Mr Ken Ofori-Atta, the Minister of Finance, said thanks to well-targeted regulatory measures and the creation of a Financial Stability Fund (FSF), banks, pension funds, insurance companies, fund managers, and collective investment schemes would be supported, to ensure that they meet their obligations to their clients as they fall due.

Mr Ofori-Atta made the pledge during the official launch of Ghana’s domestic debt exchange programme in Accra on Monday.

The programme is to alleviate the debt burden in a most transparent, efficient, and expedited manner.

He said in this context, by means of an exchange offer, the Government had been working hard to minimize the impact of the domestic debt exchange on investors holding government bonds.

“It does not embed any principal haircut on Eligible Bonds, as we promised. Let me repeat this fact as plainly as I can, in this debt exchange individual holders of domestic bonds are not affected and will not lose the face value of their investments,” he said.

He urged Ghanaians to remove any doubt and discard any speculation that the Government was about to cut their retirement savings or the notional value of their investments.

The Minister said for this reason, the Governor of the Bank of Ghana would follow suit with details of the necessary assistance in due course.

“We have also dialogued extensively with regulators across the Financial Sector including Securities and Exchange Commission, National Insurance Commission and National Pensions Regulatory Authority to agree that regulatory forbearance will be provided to all entities whose financial position is adversely affected by virtue of participating in this exchange,” he added.

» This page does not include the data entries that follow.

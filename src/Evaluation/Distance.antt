-- ===== src/Evaluation/Distance.antt =====
-- src/evaluators/quality_metrics.py: `_levenshtein`, row by row. The inner loop overwrites `dp[j]` for
-- j = 1 … n; a row is the list of its cells, and a step reads `prev`, the old `dp[j]` and `dp[j - 1]`.
pub mod Table
pub mod Scripts
use multie_layer_kache.Prelude.{
  ℕ, suc, ◌+◌, min, Bool, List, [], ◌∷◌, Key, ◌==◌, if◌then◌else◌, last_cell, length,
}

-- `list(range(i, i + k))`
abbrev pub count_up : {A : Type 0} → ℕ → List A → List ℕ
count_up i [] = []
count_up i (y ∷ ys) = i ∷ count_up (suc i) ys

module _ {A : Type 0} ⦃key : Key A⦄ where
  -- the cells of `dp` from `j` on: `diagonal` is `prev`, then come the old `dp[j]` and what follows,
  -- and `left` is the new `dp[j - 1]`
  unfoldable pub edit_row : A → List A → ℕ → List ℕ → ℕ → List ℕ
  edit_row x [] diagonal above left = []
  edit_row x (y ∷ ys) diagonal [] left = []
  edit_row x (y ∷ ys) diagonal (up ∷ above) left =
      let cell = if x == y then diagonal else 1 + min (min diagonal up) left in
      cell ∷ edit_row x ys up above cell

  -- round `i` of the outer loop
  unfoldable pub edit_round : ℕ → A → List A → List ℕ → List ℕ
  unfolding edit_row
  edit_round i x b [] = []
  edit_round i x b (p ∷ dp) = i ∷ edit_row x b p dp i

  unfoldable pub edit_rounds : ℕ → List A → List A → List ℕ → List ℕ
  unfolding edit_round
  edit_rounds i [] b dp = dp
  edit_rounds i (x ∷ a) b dp = edit_rounds (suc i) a b (edit_round i x b dp)

  -- `dp[n]` after the rounds
  unfoldable pub levenshtein : List A → List A → ℕ
  unfolding edit_rounds
  levenshtein a b = last_cell 0 (edit_rounds 1 a b (0 ∷ count_up 1 b))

He said the debt exchange provided an orderly way to put the economy back on track and these efforts would be complemented by fiscal measures to protect the neediest and most vulnerable in society.

Mr Ofori-Atta said the Government expected overwhelming support to this exchange and the success of this necessary endeavour depended on the public’s cooperation.

He called on the media to support the Government in disseminating the right information to economic actors, saying “we are all in this together and we intend to get out of this together.”